-- ===== src/Lib.antt =====
-- A verification library for the vire gateway, a Go program that sends chat completions to model
-- backends, meters them for accounts, and serves a portal. The parts that are modelled:
--
-- * Gateway (package gateway). Gateway/Capture is the capture of a response in
--   gateway/usage_capture.go: `observe` and `read` keep the body of an ordinary response up to a
--   limit, or the tail of a stream in a ring. Gateway/Usage is the scan of the capture for its token
--   usage (`streamUsage`, `validUsage`) and the outcome of a request (`result`). Gateway/Route is
--   the choice of a backend in gateway/proxy.go (`buildRing`, `selectBackend`,
--   `selectHealthyBackend`). Gateway/Metering is `serveCompletions` of gateway/proxy.go, which takes
--   a slot of the limit of concurrent requests, begins a usage record, sends the request on, and
--   finishes the record with the result of the capture. Gateway/Proxy is what runs between the two:
--   `modelRoute.ServeHTTP`, which chooses the backend of a conversation, and the hooks of the
--   reverse proxy (`newProxy`) on the header of a request and on an error. Gateway/Bearer is
--   `authenticate` of gateway/accounts.go. Gateway/Registry is `loadModels` and `PricedModels` of
--   gateway/server.go. Gateway/Membership is the routing that a registry gives (`buildRouting`) and
--   its reloads (`ReloadRegistry`, `probeBackend`) in gateway/membership.go: a pointer to a backend
--   is a number, and a heap holds the objects. Gateway/Portal is gateway/portal.go: the checks on a
--   request, the handlers over a record `PortalStore` of operations, and the lists of models.
--   Gateway/Observed is the writer of gateway/observability.go (`observedWriter`) over the response
--   writer of net/http, and what `wrap` records of a request.
-- * Accounts (package internal/accountdb). Accounts/Tables has the rows of
--   internal/accountdb/db/models.go, the state `Db` of all tables, and the errors. Accounts/Ledger
--   is `BeginUsage`, `FinishUsage` and `SetPrice` of internal/accountdb/store.go. Accounts/Keys is
--   `IssueKey`, `RevokeKey` and `Authenticate`. Accounts/Sessions is `Signup`, and Accounts/Login is
--   `Login`, `Session`, `ChatKeyID` and `Logout` of internal/accountdb/portal.go. Accounts/Daily and
--   Accounts/Rollup are `Maintain` of internal/accountdb/maintenance.go, which adds finished
--   requests to daily totals and deletes old rows. Accounts/Report is `Usage` of
--   internal/accountdb/portal.go and `DailyUsage` of internal/accountdb/store.go.
-- * Command (cmd/gateway/main.go): the checks on the flags (`validate`), and the prices that `run`
--   sets for the models of the registry.
-- * FakeVllm (cmd/fake-vllm/main.go): the backend for tests, with the checks on its flags, its
--   answer to a completion, and the events of its stream (`writeEvent`). Whether each step of a
--   stream succeeds is an argument, and so is the encoder of a chunk.
-- * Base has the names that the parts share: Boolean tests, lists with native lengths, Go's slices
--   and copies, bytes, text and `int64`.
--
-- The parts meet in several places. `serveCompletions` calls an `AccountStore`, a record of
-- operations in Gateway/Metering; the functions of Accounts/Ledger fill it. The handlers of the
-- portal call a `PortalStore`, which the functions of Accounts/Sessions, Accounts/Login and
-- Accounts/Report fill. The routes that Gateway/Membership builds are those that Gateway/Route
-- chooses from. The capture reads what FakeVllm writes. The records that `serveCompletions` leaves
-- are what `Maintain` rolls up and what the reports show.
--
-- A statement of SQL is a function on `Db`: the state of a table is a list of rows, a constraint
-- that refuses a statement is an error, and a transaction that fails leaves the tables as they were.
-- The statements are those of internal/accountdb/db/queries.sql.go and of the Go files; each is
-- atomic, as Postgres runs it. The time, the random values, the collation of texts, the date of a
-- time, and the rows that other transactions have locked are arguments.
--
-- Arguments also stand for packages outside this repository: the consistent hash of a conversation,
-- the decoding of JSON, SHA-256, base64, argon2id, `strings.ToLower`, `url.Parse` and
-- `mail.ParseAddress`. Where a theorem needs something of them, it is a hypothesis of the theorem.
--
-- Numbers: the counter of the round robin wraps at 2 ^ 64, a status is stored as an `int32`, and a
-- cost or a total that no BIGINT holds is an error. Token counts are integers, since a response may
-- report a negative one. The number of login attempts is not bounded, while its column is an
-- INTEGER.
--
-- The loops of `Maintain` run on fuel; a fuel above the number of usage rows is enough, since a
-- batch of the first loop that writes a total marks a row, and a batch of the second that counts a
-- row deletes it. The other loops are structural.
--
-- Not modelled: the connection to the database and its failures, the migrations, the listeners and
-- tickers of gateway/server.go and gateway/membership.go, the logs and the collectors of metrics in
-- gateway/observability.go, the reverse proxy itself, the parsing of flags, the browser code under
-- web, and the deployment. They are mostly input and output, and are outside this library.
-- gateway/worker.go has a struct that nothing uses.
pub mod Accounts
pub mod Base
pub mod Command
pub mod FakeVllm
pub mod Gateway
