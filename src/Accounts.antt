-- ===== src/Accounts.antt =====
-- The Go package internal/accountdb over its Postgres tables.
mod Tests
pub mod Tables
pub mod Results
pub mod Ledger
pub mod Daily
pub mod Keys
pub mod Sessions
pub mod Login
pub mod Rollup
pub mod Report
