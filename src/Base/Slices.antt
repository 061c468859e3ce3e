-- ===== src/Base/Slices.antt =====
-- Go slices: the built-in `copy`, and the last elements of a list.
use Prim.Native.Nat.{ℕ, zero, suc, ◌+◌, ◌-◌, ◌≤◌}
use mathlib.Core.Path.{◌≡◌, refl, ap, ◌∙◌, sym}
use mathlib.Core.List.{List, [], ◌∷◌, ◌++◌}
use mathlib.Core.Logic.{inl, inr}
use native.Mathlib.Omega.{arith}
use vire.Base.Tests.{le-cases}
use vire.Base.Lists.{
  length, take, drop, drop_nil, length-append, length-drop, drop-drop, drop-append_le,
}

module _ {ℓ} {A : Type ℓ} where
  -- `copy(dst, src)`: as many elements as fit.
  abbrev pub copy : List A → List A → List A
  copy [] src = []
  copy (x ∷ dst) [] = x ∷ dst
  copy (x ∷ dst) (y ∷ src) = y ∷ copy dst src

  -- `copy(dst[k:], src)`.
  abbrev pub copy_at : List A → ℕ → List A → List A
  copy_at dst zero src = copy dst src
  copy_at [] (suc k) src = []
  copy_at (x ∷ dst) (suc k) src = x ∷ copy_at dst k src

  -- The last `n` elements.
  abbrev pub take_last : ℕ → List A → List A
  take_last n xs = drop (length xs - n) xs

  pub copy_lem : (dst src : List A) → copy dst src ≡ take (length dst) src ++ drop (length src) dst
  copy_lem [] src = sym (drop_nil (length src))
  copy_lem (x ∷ dst) [] = refl
  copy_lem (x ∷ dst) (y ∷ src) = ap (λ r. y ∷ r) (copy_lem dst src)

  pub length-copy : (dst src : List A) → length (copy dst src) ≡ length dst
  length-copy [] src = refl
  length-copy (x ∷ dst) [] = refl
  length-copy (x ∷ dst) (y ∷ src) = ap suc (length-copy dst src)

  pub length-copy_at :
      (dst : List A) (k : ℕ) (src : List A) → length (copy_at dst k src) ≡ length dst
  length-copy_at dst zero src = length-copy dst src
  length-copy_at [] (suc k) src = refl
  length-copy_at (x ∷ dst) (suc k) src = ap suc (length-copy_at dst k src)

  pub copy_at_lem :
      (dst : List A) (k : ℕ) (src : List A)
      → copy_at dst k src ≡ take k dst ++ copy (drop k dst) src
  copy_at_lem dst zero src = refl
  copy_at_lem [] (suc k) src = refl
  copy_at_lem (x ∷ dst) (suc k) src = ap (λ r. x ∷ r) (copy_at_lem dst k src)

  pub take_last_all : (n : ℕ) (xs : List A) → length xs ≤ n → take_last n xs ≡ xs
  take_last_all n xs h = let e : length xs - n ≡ 0 = omega arith in rw e

  -- Dropping `k` elements, where all but the last `n` are `k` of them.
  pub take_last-drop : (n k : ℕ) (xs : List A) → length xs ≡ k + n → take_last n xs ≡ drop k xs
  take_last-drop n k xs h = let e : length xs - n ≡ k = omega arith in rw e

  -- Only the last `n` elements of a prefix matter, once at least `n` follow or are kept.
  pub take_last-take_last :
      (n : ℕ) (xs ys : List A) → take_last n (take_last n xs ++ ys) ≡ take_last n (xs ++ ys)
  take_last-take_last n xs ys = elim (le-cases (length xs) n) [
    | inl short ↦ rw (take_last_all n xs short)
    | inr long ↦
        let k : ℕ = length xs - n in
        let a : length (drop k xs ++ ys) - n ≡ length ys =
          omega (arith, length-append (drop k xs) ys, length-drop k xs) in
        let b : length (xs ++ ys) - n ≡ k + length ys = omega (arith, length-append xs ys) in
        ap (λ j. drop j (drop k xs ++ ys)) a
        ∙ ap (drop (length ys)) (sym (drop-append_le k xs ys (omega arith)))
        ∙ drop-drop (length ys) k (xs ++ ys)
        ∙ ap (λ j. drop j (xs ++ ys)) (sym b)
  ]
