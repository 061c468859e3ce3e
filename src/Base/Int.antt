-- ===== src/Base/Int.antt =====
-- The integers that Go's `int64` values stand for.
use Prim.Native.Nat.{ℕ}
use mathlib.Core.Bool.{Bool, true, false}

-- `negsuc n` is -(n + 1).
pub data ℤ : Type 0 where
  pos : ℕ → ℤ
  negsuc : ℕ → ℤ

abbrev pub is_nonneg : ℤ → Bool
is_nonneg (pos _) = true
is_nonneg (negsuc _) = false
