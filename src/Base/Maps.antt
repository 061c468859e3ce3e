-- ===== src/Base/Maps.antt =====
-- Go maps whose keys are texts, as lists of entries, each key once. A loop over a map of Go meets its
-- entries in any order: a loop here goes in the order in which they were first set.
pub mod Sizes
use mathlib.Core.Path.{◌≡◌, refl, sym, ap, ◌∙◌}
use mathlib.Core.Bool.{false}
use mathlib.Core.Option.{Option, none, some}
use mathlib.Core.List.{List, [], ◌∷◌}
use Prim.Native.String.{String}
use text.Mathlib.Text.{◌==◌}
use text.Mathlib.TextEquality.{eq_iff}
use mathlib.Core.Logic.{◌≢◌, ◌⊎◌, inl, inr}
use text.Mathlib.TextPositions.{eq_refl}
use vire.Base.Tests.{if◌then◌else◌, Bool-cases}

abbrev pub Dict {ℓ} : Type ℓ → Type ℓ
Dict V = List (String × V)

pub String-cases : (s t : String) → (s ≡ t) ⊎ ((s == t) ≡ false)
String-cases s t = elim (Bool-cases (s == t)) [
  | inl same ↦ inl ((eq_iff s t).0 same)
  | inr other ↦ inr other
]

pub eq-sym_false : (s t : String) → (s == t) ≡ false → (t == s) ≡ false
eq-sym_false s t h = elim (String-cases t s) [
  | inl same ↦ ap (λ r. t == r) (sym same) ∙ eq_refl t ∙ sym (eq_refl t) ∙ ap (λ r. r == t) same ∙ h
  | inr other ↦ other
]

pub eq_false : (s t : String) → s ≢ t → (s == t) ≡ false
eq_false s t h = elim (String-cases s t) [ inl same ↦ absurd (h same) | inr other ↦ other ]

module _ {ℓ} {V : Type ℓ} where
  -- `m[k]`, with whether the key is present.
  unfoldable pub lookup : String → Dict V → Option V
  lookup k [] = none
  lookup k ((j, v) ∷ d) = let rest = lookup k d in if j == k then some v else rest

  -- `m[k] = v`
  unfoldable pub set : String → V → Dict V → Dict V
  set k v [] = (k, v) ∷ []
  set k v ((j, w) ∷ d) = let rest = set k v d in if j == k then (k, v) ∷ d else (j, w) ∷ rest

  -- `delete(m, k)`
  unfoldable pub delete : String → Dict V → Dict V
  delete k [] = []
  delete k ((j, w) ∷ d) = let rest = delete k d in if j == k then rest else (j, w) ∷ rest

  pub lookup-set :
      (j k : String) (v : V) (d : Dict V)
      → lookup j (set k v d) ≡ (if k == j then some v else lookup j d)
  unfolding lookup set
  lookup-set j k v [] = refl
  lookup-set j k v ((i, w) ∷ d) = elim (String-cases i k) [
    | inl same ↦
        rw (same, eq_refl k)
          (elim (Bool-cases (k == j)) [ inl here ↦ rw here | inr away ↦ rw away ])
    | inr other ↦ elim (String-cases i j) [
      | inl here ↦ rw (other, sym here, eq_refl i, eq-sym_false i k other)
      | inr away ↦ rw (other, away, lookup-set j k v d)
    ]
  ]

  pub lookup-delete :
      (j k : String) (d : Dict V) → lookup j (delete k d) ≡ (if k == j then none else lookup j d)
  unfolding lookup delete
  lookup-delete j k [] = elim (Bool-cases (k == j)) [ inl e ↦ rw e | inr e ↦ rw e ]
  lookup-delete j k ((i, w) ∷ d) = elim (String-cases i k) [
    | inl same ↦
        rw (same, eq_refl k, lookup-delete j k d)
          (elim (Bool-cases (k == j)) [ inl here ↦ rw here | inr away ↦ rw away ])
    | inr other ↦ elim (String-cases i j) [
      | inl here ↦ rw (other, sym here, eq_refl i, eq-sym_false i k other)
      | inr away ↦ rw (other, away, lookup-delete j k d)
    ]
  ]
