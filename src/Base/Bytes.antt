-- ===== src/Base/Bytes.antt =====
-- Byte strings as lists of numbers, with the functions of Go's packages `bytes` and `strings` that
-- the program calls.
pub mod Trim
use Prim.Native.Nat.{ℕ, zero, suc, ◌-◌, ◌≤◌}
use Prim.Native.Char.{code}
use Prim.Native.String.{String}
use mathlib.Core.Path.{◌≡◌, refl, ap, sym, ◌∙◌}
use mathlib.Core.Logic.{◌↔◌, inl, inr}
use mathlib.Core.Bool.{Bool, true, false, ◌&&◌, ◌||◌}
use mathlib.Core.List.{List, [], ◌∷◌, ◌++◌, reverse}
use native.Mathlib.Omega.{arith}
use vire.Base.Tests.{leb, nat_eq, if◌then◌else◌, Bool-cases}
use vire.Base.Lists.{length, take, drop, length-append, drop-append_ge, take-append-drop}
use vire.Base.Slices.{take_last}

-- The code points of a text: its bytes, if it is ASCII.
abbrev pub codes : String → List ℕ
codes String.[] = []
codes (String.◌∷◌ c s) = code c ∷ codes s

-- `bytes.Equal`
abbrev pub bytes_eq : List ℕ → List ℕ → Bool
bytes_eq [] [] = true
bytes_eq (x ∷ xs) (y ∷ ys) = nat_eq x y && bytes_eq xs ys
bytes_eq _ _ = false

pub bytes_eq_sound : (xs ys : List ℕ) → bytes_eq xs ys ≡ true → xs ≡ ys
bytes_eq_sound [] [] h = refl
bytes_eq_sound (x ∷ xs) (y ∷ ys) h = ground (arith, bytes_eq_sound xs ys)
bytes_eq_sound [] (y ∷ ys) h = cc
bytes_eq_sound (x ∷ xs) [] h = cc

pub bytes_eq_refl : (xs : List ℕ) → bytes_eq xs xs ≡ true
bytes_eq_refl [] = refl
bytes_eq_refl (x ∷ xs) = ground (arith, bytes_eq_refl xs)

pub bytes_eq_iff : (xs ys : List ℕ) → (bytes_eq xs ys ≡ true) ↔ (xs ≡ ys)
bytes_eq_iff xs ys =
    (bytes_eq_sound xs ys, λ e. ap (λ zs. bytes_eq xs zs) (sym e) ∙ bytes_eq_refl xs)

-- `bytes.HasPrefix(s, prefix)`
abbrev pub has_prefix : List ℕ → List ℕ → Bool
has_prefix s [] = true
has_prefix [] (y ∷ prefix) = false
has_prefix (x ∷ s) (y ∷ prefix) = nat_eq x y && has_prefix s prefix

-- `bytes.HasSuffix(s, suffix)`
abbrev pub has_suffix : List ℕ → List ℕ → Bool
has_suffix s suffix =
    leb (length suffix) (length s) && bytes_eq (take_last (length suffix) s) suffix

-- `bytes.TrimSuffix(s, suffix)`
abbrev pub trim_suffix : List ℕ → List ℕ → List ℕ
trim_suffix s suffix = if has_suffix s suffix then take (length s - length suffix) s else s

cons_head : ℕ → List (List ℕ) → List (List ℕ)
cons_head x [] = (x ∷ []) ∷ []
cons_head x (line ∷ lines) = (x ∷ line) ∷ lines

-- `bytes.Split(s, []byte{sep})`
unfoldable pub split : ℕ → List ℕ → List (List ℕ)
unfolding cons_head
split sep [] = [] ∷ []
split sep (x ∷ s) = let rest = split sep s in if nat_eq x sep then [] ∷ rest else cons_head x rest

-- The byte at an index, 0 past the end.
abbrev byte_at : List ℕ → ℕ → ℕ
byte_at [] _ = 0
byte_at (x ∷ _) zero = x
byte_at (_ ∷ s) (suc i) = byte_at s i

-- The number of bytes of the white space character (of `unicode.IsSpace`, in UTF-8) that the three
-- bytes begin with, 0 if there is none.
abbrev pub space_at : ℕ → ℕ → ℕ → ℕ
space_at a b c =
    if leb 9 a && leb a 13 || nat_eq a 32
    then 1
    else if nat_eq a 0xc2 && (nat_eq b 0x85 || nat_eq b 0xa0)
    then 2
    else if nat_eq a 0xe1 && nat_eq b 0x9a && nat_eq c 0x80
        || nat_eq a 0xe2
          && nat_eq b 0x80
          && (leb 0x80 c && leb c 0x8a || nat_eq c 0xa8 || nat_eq c 0xa9 || nat_eq c 0xaf)
        || nat_eq a 0xe2 && nat_eq b 0x81 && nat_eq c 0x9f
        || nat_eq a 0xe3 && nat_eq b 0x80 && nat_eq c 0x80
    then 3
    else 0

abbrev leading : List ℕ → ℕ
leading s = space_at (byte_at s 0) (byte_at s 1) (byte_at s 2)

-- The white space character that a reversed byte string ends with, read backwards.
abbrev trailing : List ℕ → ℕ
trailing r =
    let one = space_at (byte_at r 0) 0 0 in
    let two = space_at (byte_at r 1) (byte_at r 0) 0 in
    let three = space_at (byte_at r 2) (byte_at r 1) (byte_at r 0) in
    if nat_eq one 1 then 1 else if nat_eq two 2 then 2 else if nat_eq three 3 then 3 else 0

-- Skips `k` bytes, then white space as `width` finds it.
skip_spaces : (List ℕ → ℕ) → ℕ → List ℕ → List ℕ
skip_spaces width k [] = []
skip_spaces width (suc k) (x ∷ s) = skip_spaces width k s
skip_spaces width zero (x ∷ s) = elim (width (x ∷ s)) [
  | zero ↦ x ∷ s
  | suc k ↦ skip_spaces width k s
]

-- `bytes.TrimSpace`
unfoldable pub trim_space : List ℕ → List ℕ
unfolding skip_spaces
trim_space s = reverse (skip_spaces trailing 0 (reverse (skip_spaces leading 0 s)))

pub take_last-append : (n : ℕ) (q s : List ℕ) → n ≤ length s → take_last n (q ++ s) ≡ take_last n s
take_last-append n q s h =
    let e : length (q ++ s) - n - length q ≡ length s - n = omega (arith, length-append q s) in
    let far : length q ≤ length (q ++ s) - n = omega (arith, length-append q s) in
    drop-append_ge (length (q ++ s) - n) q s far ∙ ap (λ k. drop k s) e

pub has_suffix-append :
    (q s suffix : List ℕ) → has_suffix s suffix ≡ true → has_suffix (q ++ s) suffix ≡ true
has_suffix-append q s suffix h =
    ground (arith, length-append q s, take_last-append (length suffix) q s)

drop-cons_head : (x : ℕ) (ls : List (List ℕ)) → drop 1 (cons_head x ls) ≡ drop 1 ls
unfolding cons_head
drop-cons_head x [] = refl
drop-cons_head x (l ∷ ls) = refl

-- There is at least one line.
pub split_cons :
    (sep : ℕ) (s : List ℕ) → (line : List ℕ) × (split sep s ≡ line ∷ drop 1 (split sep s))
unfolding split
split_cons sep [] = ([], refl)
split_cons sep (x ∷ s) = elim (Bool-cases (nat_eq x sep)) [
  | inl same ↦ rw same ([], refl)
  | inr other ↦ rw other (cons_head_cons x (split sep s))
]
  where
    cons_head_cons :
        (y : ℕ) (ls : List (List ℕ))
        → (line : List ℕ) × (cons_head y ls ≡ line ∷ drop 1 (cons_head y ls))
    cons_head_cons y [] = (y ∷ [], refl)
    cons_head_cons y (l ∷ ls) = (y ∷ l, refl)

-- Only the first line can differ when bytes are put before a text.
pub split-append :
    (sep : ℕ) (q s : List ℕ)
    → (pre : List (List ℕ)) × (drop 1 (split sep (q ++ s)) ≡ pre ++ drop 1 (split sep s))
unfolding split
split-append sep [] s = ([], refl)
split-append sep (x ∷ q) s =
    let (pre, e) = split-append sep q s in
    let (line, f) = split_cons sep (q ++ s) in
    elim (Bool-cases (nat_eq x sep)) [
      | inl same ↦ rw same (line ∷ pre, f ∙ ap (λ r. line ∷ r) e)
      | inr other ↦ rw other (pre, drop-cons_head x (split sep (q ++ s)) ∙ e)
    ]

pub has_suffix-split :
    (s suffix : List ℕ) → has_suffix s suffix ≡ true → (front : List ℕ) × (s ≡ front ++ suffix)
has_suffix-split s suffix h =
    let n : ℕ = length s - length suffix in
    let e : drop n s ≡ suffix = bytes_eq_sound (drop n s) suffix (ground arith) in
    (take n s, sym (take-append-drop n s) ∙ ap (λ r. take n s ++ r) e)
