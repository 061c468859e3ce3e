-- ===== src/Base/Bytes/Trim.antt =====
-- `bytes.TrimSpace` on a space and text between visible ASCII characters.
use Prim.Native.Nat.{ℕ, zero, suc, ◌≤◌}
use mathlib.Core.Path.{◌≡◌, refl, sym, ap, ◌∙◌}
use mathlib.Core.Bool.{false}
use mathlib.Core.List.{List, [], ◌∷◌, ◌++◌, reverse, reverse-append, reverse-reverse}
use native.Mathlib.Omega.{arith}
use vire.Base.Tests.{nat_eq}
use vire.Base.Bytes.{space_at, byte_at, leading, trailing, skip_spaces, trim_space}

-- A visible ASCII character begins no white space, and ends none.
space_at-first : (a b c : ℕ) → 33 ≤ a → a ≤ 126 → space_at a b c ≡ 0
space_at-first a b c low high = ground arith

space_at-second : (a b : ℕ) → 33 ≤ b → b ≤ 126 → nat_eq (space_at a b 0) 2 ≡ false
space_at-second a b low high = ground arith

space_at-third : (a b c : ℕ) → 33 ≤ c → c ≤ 126 → nat_eq (space_at a b c) 3 ≡ false
space_at-third a b c low high = ground arith

skip_spaces_none :
    (width : List ℕ → ℕ) (x : ℕ) (s : List ℕ)
    → width (x ∷ s) ≡ 0
    → skip_spaces width 0 (x ∷ s) ≡ x ∷ s
unfolding skip_spaces
skip_spaces_none width x s h =
    ap (λ n. elim n as (λ _. List ℕ) [ zero ↦ x ∷ s | suc k ↦ skip_spaces width k s ]) h

skip_spaces_space : (s : List ℕ) → skip_spaces leading 0 (32 ∷ s) ≡ skip_spaces leading 0 s
unfolding skip_spaces
skip_spaces_space s = refl

trailing_visible : (b : ℕ) (r : List ℕ) → 33 ≤ b → b ≤ 126 → trailing (b ∷ r) ≡ 0
trailing_visible b r low high = rw (
  space_at-first b 0 0 low high,
  space_at-second (byte_at r 0) b low high,
  space_at-third (byte_at r 1) (byte_at r 0) b low high,
)

pub trim_space_visible :
    (a : ℕ) (m : List ℕ) (b : ℕ)
    → 33 ≤ a
    → a ≤ 126
    → 33 ≤ b
    → b ≤ 126
    → trim_space (32 ∷ a ∷ m ++ b ∷ []) ≡ a ∷ m ++ b ∷ []
unfolding trim_space
trim_space_visible a m b low high low' high' =
    let s = a ∷ m ++ b ∷ [] in
    let front : skip_spaces leading 0 (32 ∷ s) ≡ s =
      skip_spaces_space s
      ∙ skip_spaces_none leading a (m ++ b ∷ [])
          (space_at-first a (byte_at s 1) (byte_at s 2) low high) in
    let back : skip_spaces trailing 0 (reverse s) ≡ reverse s =
      ap (skip_spaces trailing 0) (reverse-append (a ∷ m) (b ∷ []))
      ∙ skip_spaces_none trailing b (reverse (a ∷ m))
          (trailing_visible b (reverse (a ∷ m)) low' high')
      ∙ sym (reverse-append (a ∷ m) (b ∷ [])) in
    ap (λ t. reverse (skip_spaces trailing 0 (reverse t))) front
    ∙ ap reverse back
    ∙ reverse-reverse s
══════
▶ _Work to be completed_: There is a line with "bytes_eq_sound [] (y ∷ ys) h = cc" and a line with "byte_at (_ ∷ s) (suc i) = byte_at s i" above. Copy exactly those two lines and all lines between them, with nothing else.

▶ _Answer below_:
bytes_eq_sound [] (y ∷ ys) h = cc
bytes_eq_sound (x ∷ xs) [] h = cc

pub bytes_eq_refl : (xs : List ℕ) → bytes_eq xs xs ≡ true
bytes_eq_refl [] = refl
bytes_eq_refl (x ∷ xs) = ground (arith, bytes_eq_refl xs)

pub bytes_eq_iff : (xs ys : List ℕ) → (bytes_eq xs ys ≡ true) ↔ (xs ≡ ys)
bytes_eq_iff xs ys =
    (bytes_eq_sound xs ys, λ e. ap (λ zs. bytes_eq xs zs) (sym e) ∙ bytes_eq_refl xs)

-- `bytes.HasPrefix(s, prefix)`
abbrev pub has_prefix : List ℕ → List ℕ → Bool
has_prefix s [] = true
has_prefix [] (y ∷ prefix) = false
has_prefix (x ∷ s) (y ∷ prefix) = nat_eq x y && has_prefix s prefix

-- `bytes.HasSuffix(s, suffix)`
abbrev pub has_suffix : List ℕ → List ℕ → Bool
has_suffix s suffix =
    leb (length suffix) (length s) && bytes_eq (take_last (length suffix) s) suffix

-- `bytes.TrimSuffix(s, suffix)`
abbrev pub trim_suffix : List ℕ → List ℕ → List ℕ
trim_suffix s suffix = if has_suffix s suffix then take (length s - length suffix) s else s

cons_head : ℕ → List (List ℕ) → List (List ℕ)
cons_head x [] = (x ∷ []) ∷ []
cons_head x (line ∷ lines) = (x ∷ line) ∷ lines

-- `bytes.Split(s, []byte{sep})`
unfoldable pub split : ℕ → List ℕ → List (List ℕ)
unfolding cons_head
split sep [] = [] ∷ []
split sep (x ∷ s) = let rest = split sep s in if nat_eq x sep then [] ∷ rest else cons_head x rest

-- The byte at an index, 0 past the end.
abbrev byte_at : List ℕ → ℕ → ℕ
byte_at [] _ = 0
byte_at (x ∷ _) zero = x
byte_at (_ ∷ s) (suc i) = byte_at s i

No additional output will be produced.